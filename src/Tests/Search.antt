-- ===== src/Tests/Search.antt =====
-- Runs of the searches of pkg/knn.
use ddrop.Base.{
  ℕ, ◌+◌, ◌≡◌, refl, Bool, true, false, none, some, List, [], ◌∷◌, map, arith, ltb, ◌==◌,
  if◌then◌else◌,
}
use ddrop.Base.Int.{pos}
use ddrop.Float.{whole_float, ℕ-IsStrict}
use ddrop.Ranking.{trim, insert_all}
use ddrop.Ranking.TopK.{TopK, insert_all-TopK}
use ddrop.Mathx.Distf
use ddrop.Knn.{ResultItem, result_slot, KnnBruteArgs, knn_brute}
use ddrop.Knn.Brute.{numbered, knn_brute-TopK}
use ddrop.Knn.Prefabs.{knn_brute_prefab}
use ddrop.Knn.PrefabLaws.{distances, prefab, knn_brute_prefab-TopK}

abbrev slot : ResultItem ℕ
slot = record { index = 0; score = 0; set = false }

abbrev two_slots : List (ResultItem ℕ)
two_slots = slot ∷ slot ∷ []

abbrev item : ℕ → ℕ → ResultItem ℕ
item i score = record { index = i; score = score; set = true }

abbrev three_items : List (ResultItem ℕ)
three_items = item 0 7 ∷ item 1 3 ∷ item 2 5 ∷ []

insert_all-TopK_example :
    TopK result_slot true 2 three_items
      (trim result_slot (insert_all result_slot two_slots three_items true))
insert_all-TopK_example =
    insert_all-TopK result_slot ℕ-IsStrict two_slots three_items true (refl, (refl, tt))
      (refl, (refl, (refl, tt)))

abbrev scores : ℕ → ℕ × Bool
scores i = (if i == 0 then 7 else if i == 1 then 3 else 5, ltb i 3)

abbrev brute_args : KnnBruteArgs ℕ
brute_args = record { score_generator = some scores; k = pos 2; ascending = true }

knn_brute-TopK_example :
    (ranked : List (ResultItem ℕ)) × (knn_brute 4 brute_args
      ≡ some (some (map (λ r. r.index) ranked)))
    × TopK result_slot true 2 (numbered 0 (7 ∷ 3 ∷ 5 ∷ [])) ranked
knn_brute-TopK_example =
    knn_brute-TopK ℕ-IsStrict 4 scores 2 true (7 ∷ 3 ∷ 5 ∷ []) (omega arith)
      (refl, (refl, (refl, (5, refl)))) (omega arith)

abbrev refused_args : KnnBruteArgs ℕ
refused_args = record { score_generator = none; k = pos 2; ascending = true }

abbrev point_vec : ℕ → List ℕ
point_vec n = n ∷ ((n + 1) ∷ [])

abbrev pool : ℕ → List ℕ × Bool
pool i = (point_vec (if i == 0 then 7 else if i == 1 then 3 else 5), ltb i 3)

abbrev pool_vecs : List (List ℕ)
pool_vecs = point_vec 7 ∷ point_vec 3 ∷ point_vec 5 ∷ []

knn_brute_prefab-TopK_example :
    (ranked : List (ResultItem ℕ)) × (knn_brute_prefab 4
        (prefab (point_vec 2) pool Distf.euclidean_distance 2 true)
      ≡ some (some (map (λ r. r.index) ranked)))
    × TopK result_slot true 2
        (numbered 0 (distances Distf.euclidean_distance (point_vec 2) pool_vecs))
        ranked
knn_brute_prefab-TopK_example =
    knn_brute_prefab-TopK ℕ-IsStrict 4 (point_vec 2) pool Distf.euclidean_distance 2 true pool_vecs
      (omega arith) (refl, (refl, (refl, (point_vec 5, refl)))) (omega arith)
+===+
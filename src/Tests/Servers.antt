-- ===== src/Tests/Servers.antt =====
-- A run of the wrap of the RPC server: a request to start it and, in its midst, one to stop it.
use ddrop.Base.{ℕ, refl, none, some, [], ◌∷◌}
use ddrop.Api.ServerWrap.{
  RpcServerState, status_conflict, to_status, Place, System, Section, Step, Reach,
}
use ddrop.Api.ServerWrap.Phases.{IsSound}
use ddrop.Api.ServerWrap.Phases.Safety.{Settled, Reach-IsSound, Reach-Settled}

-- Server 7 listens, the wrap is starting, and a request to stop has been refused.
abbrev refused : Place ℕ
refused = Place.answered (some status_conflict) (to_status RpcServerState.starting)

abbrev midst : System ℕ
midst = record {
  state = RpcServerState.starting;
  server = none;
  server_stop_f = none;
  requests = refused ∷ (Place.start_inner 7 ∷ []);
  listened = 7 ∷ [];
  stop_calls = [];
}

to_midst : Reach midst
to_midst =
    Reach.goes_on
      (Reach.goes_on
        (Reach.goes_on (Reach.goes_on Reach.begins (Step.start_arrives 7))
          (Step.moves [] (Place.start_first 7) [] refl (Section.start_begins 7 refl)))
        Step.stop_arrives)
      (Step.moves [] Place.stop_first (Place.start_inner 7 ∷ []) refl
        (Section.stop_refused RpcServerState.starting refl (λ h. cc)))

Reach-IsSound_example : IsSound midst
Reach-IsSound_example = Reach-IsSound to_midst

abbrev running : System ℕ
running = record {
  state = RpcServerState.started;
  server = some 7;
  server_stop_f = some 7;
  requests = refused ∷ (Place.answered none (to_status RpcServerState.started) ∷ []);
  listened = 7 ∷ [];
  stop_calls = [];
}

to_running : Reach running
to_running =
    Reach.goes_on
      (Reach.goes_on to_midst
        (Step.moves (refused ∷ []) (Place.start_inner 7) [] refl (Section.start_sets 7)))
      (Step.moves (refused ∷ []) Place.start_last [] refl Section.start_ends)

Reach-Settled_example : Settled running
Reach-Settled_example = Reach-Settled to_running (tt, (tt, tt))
+===+
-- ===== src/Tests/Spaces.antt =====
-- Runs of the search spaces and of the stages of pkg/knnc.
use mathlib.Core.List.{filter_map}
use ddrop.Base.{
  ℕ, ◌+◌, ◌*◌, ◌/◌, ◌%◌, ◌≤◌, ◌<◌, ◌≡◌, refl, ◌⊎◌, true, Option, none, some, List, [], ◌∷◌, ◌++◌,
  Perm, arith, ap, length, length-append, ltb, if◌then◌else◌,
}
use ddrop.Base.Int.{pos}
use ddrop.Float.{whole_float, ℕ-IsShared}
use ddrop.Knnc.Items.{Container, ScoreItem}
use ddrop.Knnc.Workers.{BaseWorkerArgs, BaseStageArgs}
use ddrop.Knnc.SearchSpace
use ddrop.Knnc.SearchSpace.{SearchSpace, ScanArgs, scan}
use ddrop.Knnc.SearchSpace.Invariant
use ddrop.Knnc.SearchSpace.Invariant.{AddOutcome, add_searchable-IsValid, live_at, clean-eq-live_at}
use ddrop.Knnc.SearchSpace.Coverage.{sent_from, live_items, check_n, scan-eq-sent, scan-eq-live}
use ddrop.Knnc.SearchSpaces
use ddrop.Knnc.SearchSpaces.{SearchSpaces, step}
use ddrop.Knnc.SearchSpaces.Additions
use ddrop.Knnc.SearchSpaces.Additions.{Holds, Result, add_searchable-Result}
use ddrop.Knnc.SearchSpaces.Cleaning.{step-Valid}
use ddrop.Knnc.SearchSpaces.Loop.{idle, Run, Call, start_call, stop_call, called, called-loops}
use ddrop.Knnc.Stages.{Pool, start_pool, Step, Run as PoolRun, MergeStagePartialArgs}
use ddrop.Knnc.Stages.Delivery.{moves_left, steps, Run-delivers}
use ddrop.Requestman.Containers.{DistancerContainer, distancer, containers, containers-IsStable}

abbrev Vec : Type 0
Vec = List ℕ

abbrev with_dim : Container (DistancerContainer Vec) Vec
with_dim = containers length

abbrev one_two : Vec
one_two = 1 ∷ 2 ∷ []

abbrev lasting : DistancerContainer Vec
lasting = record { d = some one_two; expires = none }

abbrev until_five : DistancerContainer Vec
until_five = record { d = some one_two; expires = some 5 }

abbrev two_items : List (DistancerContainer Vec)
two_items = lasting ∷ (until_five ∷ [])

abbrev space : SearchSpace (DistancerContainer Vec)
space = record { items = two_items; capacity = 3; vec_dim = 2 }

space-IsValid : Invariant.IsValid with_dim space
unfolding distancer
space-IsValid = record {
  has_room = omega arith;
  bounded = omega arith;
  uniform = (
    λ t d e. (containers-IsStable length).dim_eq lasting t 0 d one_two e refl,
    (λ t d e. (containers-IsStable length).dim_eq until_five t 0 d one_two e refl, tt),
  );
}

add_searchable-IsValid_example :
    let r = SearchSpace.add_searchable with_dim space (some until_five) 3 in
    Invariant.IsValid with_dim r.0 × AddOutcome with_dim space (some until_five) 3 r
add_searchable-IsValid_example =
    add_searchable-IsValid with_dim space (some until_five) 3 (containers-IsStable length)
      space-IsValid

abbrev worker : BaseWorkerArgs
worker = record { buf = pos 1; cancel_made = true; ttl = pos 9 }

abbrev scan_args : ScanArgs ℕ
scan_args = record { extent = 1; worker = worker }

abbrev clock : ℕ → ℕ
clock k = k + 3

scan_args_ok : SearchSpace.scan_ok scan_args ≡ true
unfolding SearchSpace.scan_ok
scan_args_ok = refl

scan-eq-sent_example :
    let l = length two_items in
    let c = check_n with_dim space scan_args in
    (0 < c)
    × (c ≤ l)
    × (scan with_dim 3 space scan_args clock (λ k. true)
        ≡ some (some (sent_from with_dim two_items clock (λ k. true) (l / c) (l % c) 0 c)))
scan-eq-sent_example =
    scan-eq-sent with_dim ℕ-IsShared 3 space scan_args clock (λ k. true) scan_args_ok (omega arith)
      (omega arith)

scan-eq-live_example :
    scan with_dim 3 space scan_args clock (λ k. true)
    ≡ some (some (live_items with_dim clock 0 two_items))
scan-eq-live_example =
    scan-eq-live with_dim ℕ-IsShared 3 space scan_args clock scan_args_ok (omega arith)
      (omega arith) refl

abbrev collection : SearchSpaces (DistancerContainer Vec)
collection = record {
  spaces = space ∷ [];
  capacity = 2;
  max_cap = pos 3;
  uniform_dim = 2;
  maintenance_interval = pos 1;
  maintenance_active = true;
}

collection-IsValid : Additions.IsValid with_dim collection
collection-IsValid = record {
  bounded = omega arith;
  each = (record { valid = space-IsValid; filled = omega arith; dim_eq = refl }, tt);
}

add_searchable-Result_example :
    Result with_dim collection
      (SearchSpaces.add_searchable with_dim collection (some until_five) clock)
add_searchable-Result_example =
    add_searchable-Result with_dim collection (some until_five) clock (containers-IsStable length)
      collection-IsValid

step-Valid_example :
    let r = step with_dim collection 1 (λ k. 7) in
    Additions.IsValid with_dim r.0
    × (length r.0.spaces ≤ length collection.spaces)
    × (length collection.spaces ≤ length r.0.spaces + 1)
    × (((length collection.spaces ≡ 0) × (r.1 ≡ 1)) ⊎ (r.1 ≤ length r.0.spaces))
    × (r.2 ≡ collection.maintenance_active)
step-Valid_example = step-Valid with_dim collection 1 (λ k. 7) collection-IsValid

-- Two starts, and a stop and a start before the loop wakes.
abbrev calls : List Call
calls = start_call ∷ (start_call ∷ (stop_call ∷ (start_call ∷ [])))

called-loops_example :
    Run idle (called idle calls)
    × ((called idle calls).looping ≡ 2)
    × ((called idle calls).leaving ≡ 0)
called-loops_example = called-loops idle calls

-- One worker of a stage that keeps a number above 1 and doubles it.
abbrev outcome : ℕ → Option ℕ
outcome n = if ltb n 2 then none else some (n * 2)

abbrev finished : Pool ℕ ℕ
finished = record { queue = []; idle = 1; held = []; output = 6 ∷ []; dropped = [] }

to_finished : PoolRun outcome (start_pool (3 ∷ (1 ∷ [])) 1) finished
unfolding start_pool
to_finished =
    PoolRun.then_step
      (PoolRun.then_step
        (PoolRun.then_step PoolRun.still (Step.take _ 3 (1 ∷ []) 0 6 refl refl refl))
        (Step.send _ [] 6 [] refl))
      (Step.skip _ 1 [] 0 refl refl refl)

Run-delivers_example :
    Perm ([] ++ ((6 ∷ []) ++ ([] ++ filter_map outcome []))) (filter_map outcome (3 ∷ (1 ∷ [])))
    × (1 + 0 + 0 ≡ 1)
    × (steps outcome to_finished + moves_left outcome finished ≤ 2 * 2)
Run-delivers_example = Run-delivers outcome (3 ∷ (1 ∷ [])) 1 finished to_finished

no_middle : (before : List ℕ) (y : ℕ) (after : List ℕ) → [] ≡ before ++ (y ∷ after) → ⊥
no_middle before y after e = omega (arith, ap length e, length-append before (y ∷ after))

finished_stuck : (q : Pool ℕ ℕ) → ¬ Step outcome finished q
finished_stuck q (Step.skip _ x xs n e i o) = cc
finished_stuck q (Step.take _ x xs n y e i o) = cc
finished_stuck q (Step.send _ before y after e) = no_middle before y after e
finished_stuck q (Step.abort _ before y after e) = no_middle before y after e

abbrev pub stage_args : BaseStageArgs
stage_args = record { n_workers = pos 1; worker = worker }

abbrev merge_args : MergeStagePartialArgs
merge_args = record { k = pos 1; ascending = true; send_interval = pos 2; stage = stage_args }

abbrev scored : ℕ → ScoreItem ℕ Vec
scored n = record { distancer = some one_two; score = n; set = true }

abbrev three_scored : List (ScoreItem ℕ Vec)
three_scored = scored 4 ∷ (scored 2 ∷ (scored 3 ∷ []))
+===+
When you reach the line holding "abbrev two_slots : List (ResultItem ℕ)" in the records above, begin reproducing exactly, stop after the line holding "abbrev refused_args : KnnBruteArgs ℕ", and output nothing else.

abbrev two_slots : List (ResultItem ℕ)
two_slots = slot ∷ slot ∷ []

abbrev item : ℕ → ℕ → ResultItem ℕ
item i score = record { index = i; score = score; set = true }

abbrev three_items : List (ResultItem ℕ)
three_items = item 0 7 ∷ item 1 3 ∷ item 2 5 ∷ []

insert_all-TopK_example :
    TopK result_slot true 2 three_items
      (trim result_slot (insert_all result_slot two_slots three_items true))
insert_all-TopK_example =
    insert_all-TopK result_slot ℕ-IsStrict two_slots three_items true (refl, (refl, tt))
      (refl, (refl, (refl, tt)))

abbrev scores : ℕ → ℕ × Bool
scores i = (if i == 0 then 7 else if i == 1 then 3 else 5, ltb i 3)

abbrev brute_args : KnnBruteArgs ℕ
brute_args = record { score_generator = some scores; k = pos 2; ascending = true }

knn_brute-TopK_example :
    (ranked : List (ResultItem ℕ)) × (knn_brute 4 brute_args
      ≡ some (some (map (λ r. r.index) ranked)))
    × TopK result_slot true 2 (numbered 0 (7 ∷ 3 ∷ 5 ∷ [])) ranked
knn_brute-TopK_example =
    knn_brute-TopK ℕ-IsStrict 4 scores 2 true (7 ∷ 3 ∷ 5 ∷ []) (omega arith)
      (refl, (refl, (refl, (5, refl)))) (omega arith)

abbrev refused_args : KnnBruteArgs ℕ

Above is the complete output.